Ok, so I admittedly am kind of a noob, and I've been going through a course on udemy for programming. The problem is asking to write a function that finds all the prime numbers up to the number given. So I started writing the following code to extract the numbers that are not even, as well as the numbers not evenly divisible by 3 just to start:

def count_primes(num):
    num_list5 = []
    for i in range(num + 1):
        print(i)
        if i % 2 != 0 or i % 3 != 0:
            num_list5.append(i)
    
    return num_list5

When I call the function with a number of 100 like: count_primes(100) In the output, I get the num_list5 showing all the numbers in the range except for 6 and multiples of 6:

[1, 2, 3, 4, 5, 7, 8, 9, 10, 11, 13, 14 ...]

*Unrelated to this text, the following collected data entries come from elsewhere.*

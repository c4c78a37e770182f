-- ===== src/TenantManagement/Tenants/Creation.antt =====
-- What `createTenant` writes.
use medusa_multi_tenancy.Prelude.{
  suc, ◌≤◌, ◌<◌, ◌≡◌, ap, String, ◌&&◌, none, some, arith, str_eq, eq_iff, eq_refl, Option-cases,
  inl, inr,
}
use medusa_multi_tenancy.Schema.{Tenant, Membership}
use medusa_multi_tenancy.Sql.Rows.{rows, first, first-none, first_pos}
use medusa_multi_tenancy.World.{Env, World, ok, thrown, slug_taken}
use medusa_multi_tenancy.Billing.Lifecycle.{ensure_tenant_billing}
use medusa_multi_tenancy.TenantManagement.Members.{active_owner_of}
use medusa_multi_tenancy.TenantManagement.Tenants.{
  has_slug, is_tenant, is_active, new_tenant, owner_membership, create_tenant,
}

module _ (env : Env) where
  -- The unique key of `tenant` on the slug.
  abbrev pub HasUniqueSlugs : World env → Type 0
  HasUniqueSlugs w = (slug : String) → rows env.sql (has_slug slug) w.tenants ≤ 1

module _ (env : Env) (name slug owner_email : String) (w : World env) where
  abbrev pub created : Tenant
  created = new_tenant (env.random_uuid w.drawn) name slug owner_email w.now

  abbrev pub first_member : Membership
  first_member =
      owner_membership (env.random_uuid (suc w.drawn)) (env.random_uuid w.drawn) owner_email w.now

  refuses_taken :
      {t : Tenant}
      → first env.sql (has_slug slug) w.tenants ≡ some t
      → create_tenant env name slug owner_email w ≡ (thrown (slug_taken slug), w)
  unfolding create_tenant
  refuses_taken h = ground arith

  creates :
      first env.sql (has_slug slug) w.tenants ≡ none
      → ((create_tenant env name slug owner_email w).0 ≡ ok created)
        × ((create_tenant env name slug owner_email w).1.tenants ≡ env.sql.insert created w.tenants)
        × ((create_tenant env name slug owner_email w).1.memberships
            ≡ env.sql.insert first_member w.memberships)
  unfolding create_tenant ensure_tenant_billing
  creates h = ground arith

  -- Creating a tenant keeps slugs unique, whether it returns or throws.
  pub create_tenant-HasUniqueSlugs :
      HasUniqueSlugs env w → HasUniqueSlugs env (create_tenant env name slug owner_email w).1
  create_tenant-HasUniqueSlugs u s = elim (Option-cases (first env.sql (has_slug slug) w.tenants)) [
    | inr (t, taken) ↦ rw (ap (λ p. p.1) (refuses_taken taken)) (u s)
    | inl absent ↦ rw (creates absent).1 (
        ground (
          arith,
          env.sql.rows-insert (has_slug s) created w.tenants,
          u s,
          first-none env.sql (has_slug slug) w.tenants absent,
          eq_iff slug s,
        ))
  ]

  -- Where the slug is free, `createTenant` returns a tenant, which is stored as active under its slug,
  -- and of which the owner's address has an active membership with the role of owner.
  pub create_tenant_gives_owner :
      rows env.sql (has_slug slug) w.tenants ≡ 0
      → (t : Tenant) × ((create_tenant env name slug owner_email w).0 ≡ ok t)
        × (0
            < rows env.sql
                (λ r. is_tenant t.tenant_id r && (has_slug slug r && is_active r.status))
                (create_tenant env name slug owner_email w).1.tenants)
        × (0
            < rows env.sql
                (λ m. active_owner_of t.tenant_id m && str_eq m.user_email owner_email)
                (create_tenant env name slug owner_email w).1.memberships)
  create_tenant_gives_owner free = elim (Option-cases (first env.sql (has_slug slug) w.tenants)) [
    | inr (_, taken) ↦
        absurd (omega (arith, free, first_pos env.sql (has_slug slug) w.tenants taken))
    | inl absent ↦
        let (returns, stored, joined) = creates absent in
        (
          created,
          returns,
          rw stored (
              ground (
                arith,
                env.sql.rows-insert
                    (λ r. is_tenant created.tenant_id r && (has_slug slug r && is_active r.status))
                    created w.tenants,
                eq_refl created.tenant_id,
                eq_refl slug,
              )),
          rw joined (
              ground (
                arith,
                env.sql.rows-insert
                    (λ m. active_owner_of created.tenant_id m && str_eq m.user_email owner_email)
                    first_member w.memberships,
                eq_refl created.tenant_id,
                eq_refl owner_email,
              )),
        )
  ]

Its like the if statement is doing an AND operation here... because 6 would be divisible by 2 AND 3. Is this a bug or something? Or am I not understanding and/or operations correctly?

What's weird is that it was working at one point and after making a change and reverting it, it started doing this...

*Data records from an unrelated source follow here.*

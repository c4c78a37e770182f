-- ===== src/Tests.antt =====
-- Concrete runs of the services and of the limiters, at which the theorems hold.
pub mod Fixtures
pub mod Tenants
pub mod Limits
pub mod Meters
pub mod Flags
pub mod Access
pub mod Apps
pub mod Themes
pub mod Workflows
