-- ===== src/Tests/Fixtures.antt =====
-- A small database of one tenant with two members, and an invitation to it.
use medusa_multi_tenancy.Prelude.{
  ℕ, zero, suc, String, Bool, true, none, [], ◌∷◌, if◌then◌else◌, ltb,
}
use medusa_multi_tenancy.Schema.{
  Tenant, Membership, Invitation, TenantStatus, TenantRole, MemberStatus, InvitationStatus,
}
use medusa_multi_tenancy.Sql.Memory.{memory}
use medusa_multi_tenancy.World.{Env, World, responded}

abbrev pub uuid : ℕ → String
uuid zero = "u0"
uuid (suc zero) = "u1"
uuid _ = "u2"

abbrev hex_draw : ℕ → ℕ → String
hex_draw zero _ = "0a"
hex_draw (suc zero) _ = "1b"
hex_draw (suc (suc zero)) _ = "2c"
hex_draw _ _ = "3d"

-- A stand-in for the HMAC: the secret itself.
abbrev toy_hmac : String → String → String
toy_hmac payload secret = secret

abbrev pub env : Env
env = record {
  sql = memory;
  random_uuid = uuid;
  payload_digest = λ _. "digest";
  random_bytes = hex_draw;
  takes_token = λ _. true;
  hmac = toy_hmac;
  fetch = λ n _. if ltb n 2 then responded 503 else responded 200;
}

abbrev pub acme : TenantStatus → Bool → Tenant
acme status legal_hold = record {
  id = "acme";
  tenant_id = "acme";
  slug = "acme";
  name = "Acme";
  owner_email = "ann@acme.io";
  status = status;
  settings_json = record {
    base = record {
      locale = "en";
      timezone = "UTC";
      currency_code = "usd";
      billing_mode = "prepaid";
      retention_days = 30;
    };
    access_control = none;
  };
  legal_hold = legal_hold;
  suspended_at = none;
  deactivated_at = none;
  deletion_requested_at = none;
  scheduled_purge_at = none;
  deleted_at = none;
  created_at = 0;
  updated_at = 0;
}

abbrev pub ann : Membership
ann = record {
  id = "m1";
  tenant_id = "acme";
  user_email = "ann@acme.io";
  role = TenantRole.owner;
  status = MemberStatus.enabled;
  created_at = 0;
  updated_at = 0;
}

abbrev pub bob : Membership
bob = record {
  id = "m2";
  tenant_id = "acme";
  user_email = "bob@acme.io";
  role = TenantRole.member;
  status = MemberStatus.enabled;
  created_at = 0;
  updated_at = 0;
}

-- An invitation of the owner, as an admin.
abbrev pub to_ann : Invitation
to_ann = record {
  id = "i1";
  tenant_id = "acme";
  email = "ann@acme.io";
  role = TenantRole.admin;
  invitation_token = "acme.admin.n1";
  status = InvitationStatus.pending;
  invited_by = none;
  accepted_at = none;
  expires_at = 1000;
  updated_at = 0;
}

abbrev pub office : TenantStatus → Bool → World env
office status legal_hold = record {
  tenants = acme status legal_hold ∷ [];
  memberships = ann ∷ bob ∷ [];
  invitations = to_ann ∷ [];
  audit_log = [];
  billing_accounts = [];
  entitlements = [];
  usage = [];
  meter_events = [];
  app_installations = [];
  app_scopes = [];
  app_webhooks = [];
  app_credentials = [];
  webhook_deliveries = [];
  user_access = [];
  themes = [];
  theme_configs = [];
  theme_publish_statuses = [];
  drawn = 0;
  random_drawn = 0;
  fetched = 0;
  now = 500;
  invalidated = [];
}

I'm using VSCode and Jupyter notebooks and tried both Python 3.8.5 64-bit and 3.9.4 64-bit on Ubuntu 20.04

Answer 1

After figuring out the propositional math and de Morgan's Law as someone pointed out, I was able to come up with a pretty simple solution using or and mod operators and only goes through a the sequence once:

def count_primes(num):

    num_list5 = []

    for i in range(2, num + 1):
        if i == 2 or i == 3 or i == 5 or i == 7:
            num_list5.append(i)
        if not (i % 2 == 0 or i % 3 == 0 or i % 5 == 0 or i % 7 == 0):
            num_list5.append(i)
    
    return num_list5

print(count_primes(100))

Answer 2

We know some facts about prime numbers which you can use in your program. Negative numbers, 0 and 1 are not prime. 2 is the only even prime. A prime number only has itself and 1 as factors. From multiplication we know that if a x b = c then one of a, b is <= sqrt(c). That last fact helps us cut down the number of trial divisors we have to test. We can test for a prime by looking for a number that divides the target but is not the target itself or 1. If we find such a number then the target is not prime.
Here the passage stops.